Potential Substitutes for Experimentation • Feature comparison • Okay sometimes, but it isn’t science. • Intuition • There are plenty of examples of times when intuition has been wrong • Expert judgment • Get real. Science is built on skepticism.
Concepts Vs Experiments • Rapid publication of novel concepts and new hypotheses is important. • But questionable ideas need to be weeded out by meaningful validation. • Then scientists can concentrate on promising approaches • Need for balance.
Problems with experiments • Unrealistic assumptions, manipulated data • Failure to provide details for repeating experiments • Results over-interpreted, or do not generalise • Scientific process can self-correct errors, hoaxes and even fraud.

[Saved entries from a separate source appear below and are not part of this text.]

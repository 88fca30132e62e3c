-- ===== src/Types/Country/Table.antt =====
-- The table of the countries, and the two conversions over it.
use mathlib.Core.Path.{subst}
use deals_server.Prelude.{
  ℕ, zero, suc, ◌+◌, ◌%◌, ◌≤◌, ◌<◌, ◌≡◌, ◌∙◌, sym, ◌↔◌, Option-cases, ltb→lt, refl, ap, Bool, true,
  false, ◌&&◌, List, [], ◌∷◌, none, some, arith, ltb, ◌==◌, Text, ok, length, get_or, get_elem?,
  Bool-cases, inl, inr,
}
use deals_server.Types.Country.{countries, search_country, country_to_code, code_to_country}

pub length-countries : length countries ≡ 252
unfolding countries
length-countries = refl

-- Every code comes back from its own country.
is_own : ℕ → List Text → Bool
is_own x [] = true
is_own x (c ∷ cs) =
    (elim (search_country c countries 0) [ none ↦ false | some y ↦ y == x ]) && is_own (suc x) cs

own : is_own 0 countries ≡ true
unfolding is_own search_country countries
own = refl

is_own-get_elem? :
    (x : ℕ) (cs : List Text) (k : ℕ) (c : Text)
    → is_own x cs ≡ true
    → get_elem? cs k ≡ some c
    → search_country c countries 0 ≡ some (x + k)
unfolding is_own
is_own-get_elem? x [] k c h e = absurd (ground arith)
is_own-get_elem? x (d ∷ cs) zero c h e = elim (Option-cases (search_country d countries 0)) [
  | inl missing ↦ absurd (ground (arith, missing))
  | inr (y, found) ↦ ground (arith, found)
]
is_own-get_elem? x (d ∷ cs) (suc k) c h e =
    is_own-get_elem? (suc x) cs k c (ground arith) e ∙ ap some (omega arith)

get_elem?-lt {ℓ} :
    {A : Type ℓ} (xs : List A) (k : ℕ) → k < length xs → (x : A) × (get_elem? xs k ≡ some x)
get_elem?-lt [] k h = absurd (omega arith)
get_elem?-lt (x ∷ xs) zero h = (x, refl)
get_elem?-lt (x ∷ xs) (suc k) h = get_elem?-lt xs k (omega arith)

get_elem?-ge {ℓ} : {A : Type ℓ} (xs : List A) (k : ℕ) → length xs ≤ k → get_elem? xs k ≡ none
get_elem?-ge [] k h = refl
get_elem?-ge (x ∷ xs) zero h = absurd (omega arith)
get_elem?-ge (x ∷ xs) (suc k) h = get_elem?-ge xs k (omega arith)

code_to_country_lem :
    (x : ℕ) (c : Text) → get_elem? countries x ≡ some c → code_to_country x ≡ some (ok c)
unfolding code_to_country
code_to_country_lem x c e = elim (Bool-cases (ltb (length countries) x)) [
  | inl above ↦ absurd (
      ground
        (arith, e, get_elem?-ge countries x (omega (arith, ltb→lt (length countries) x above))))
  | inr within ↦ rw (within, e, code_to_country)
]

-- Each of the 252 codes has a country, whose code it is: no entry of the table stands twice.
pub country_to_code-code_to_country :
    (x : ℕ) → x < 252 → (c : Text) × (code_to_country x ≡ some (ok c)) × (country_to_code c ≡ ok x)
unfolding country_to_code
country_to_code-code_to_country x h =
    let (c, at_x) = get_elem?-lt countries x (rw length-countries h) in
    (
      c,
      code_to_country_lem x c at_x,
      rw (is_own-get_elem? 0 countries x c own at_x, country_to_code) (ap ok (omega arith)),
    )

search_country_sound :
    (s : Text) (cs : List Text) (i x : ℕ)
    → search_country s cs i ≡ some x
    → (k : ℕ) × (c : Text) × (x ≡ (i + k) % 256)
      × (get_elem? cs k ≡ some c)
      × (k < length cs)
      × (get_or c 0 0 ≡ get_or s 0 0)
      × (get_or c 1 0 ≡ get_or s 1 0)
unfolding search_country
search_country_sound s [] i x e = absurd (ground arith)
search_country_sound s (d ∷ cs) i x e =
    elim (Bool-cases (get_or d 0 0 == get_or s 0 0 && get_or d 1 0 == get_or s 1 0)) [
      | inl here ↦ (
        0,
        d,
        ground (arith, here, e),
        refl,
        omega arith,
        ground (arith, here),
        ground (arith, here),
      )
      | inr away ↦
          let (k, c, eq, at_k, lt, l₀, l₁) =
            search_country_sound s cs (suc i) x (ground (arith, away, e)) in
          (suc k, c, eq ∙ ap (λ n. n % 256) (omega arith), at_k, omega arith, l₀, l₁)
    ]

country_to_code-eq-ok :
    (s : Text) (x : ℕ) → country_to_code s ≡ ok x → search_country s countries 0 ≡ some x
unfolding country_to_code
country_to_code-eq-ok s x e = elim (Option-cases (search_country s countries 0)) [
  | inl missing ↦ absurd (ground (arith, missing))
  | inr (y, found) ↦ ground (arith, found)
]

-- A country that has a code is the one that the code stands for, by its first two letters.
pub code_to_country-country_to_code :
    (s : Text) (x : ℕ)
    → country_to_code s ≡ ok x
    → (x < 252)
      × (c : Text) × (code_to_country x ≡ some (ok c))
      × (get_or c 0 0 ≡ get_or s 0 0)
      × (get_or c 1 0 ≡ get_or s 1 0)
code_to_country-country_to_code s x e =
    let (k, c, eq, at_k, lt, l₀, l₁) =
      search_country_sound s countries 0 x (country_to_code-eq-ok s x e) in
    let small : k < 252 = omega (arith, lt, length-countries) in
    let same : x ≡ k = omega (arith, eq) in
    (subst (λ n. n < 252) (sym same) small, c, rw same (code_to_country_lem k c at_k), l₀, l₁)

between : (n x : ℕ) → ltb n x ≡ false → ltb x n ≡ false → x ≡ n
between n x h k = ground arith

-- The one code for which `code_to_country` reads behind the table is its size, 252; every smaller
-- code has a country, and every greater one is refused.
pub code_to_country-none : (x : ℕ) → (code_to_country x ≡ none) ↔ (x ≡ 252)
unfolding code_to_country
code_to_country-none x = (only, λ e. rw e refl)
  where
    only : code_to_country x ≡ none → x ≡ 252
    only e = elim (Bool-cases (ltb 252 x)) [
      | inl above ↦ absurd (cc (rw above at e))
      | inr within ↦ elim (Bool-cases (ltb x 252)) [
        | inl below ↦
            let (c, found) = get_elem?-lt countries x (ltb→lt x 252 below) in
            absurd (cc (e, code_to_country_lem x c found))
        | inr high ↦ between 252 x within high
      ]
    ]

CS as a harder science • Most papers take small steps forward. • Scientists should create models, formulate hypotheses and test them using experiments. • Competing theories: new theory replacing old lead to paradigm shifts • In physics, but not so evident in CS • Physical symbol system theory Vs knowledge processing theory in AI. • A theory needed for behavior of algorithms on typical problems.
Conclusion • CS research used to rely far less on experiments than most other disciplines. • A good case exists for more experimentation. • Conventional scientific methods have made CS a ‘hard’ science. • Balance between theory, engineering and experimentation needed.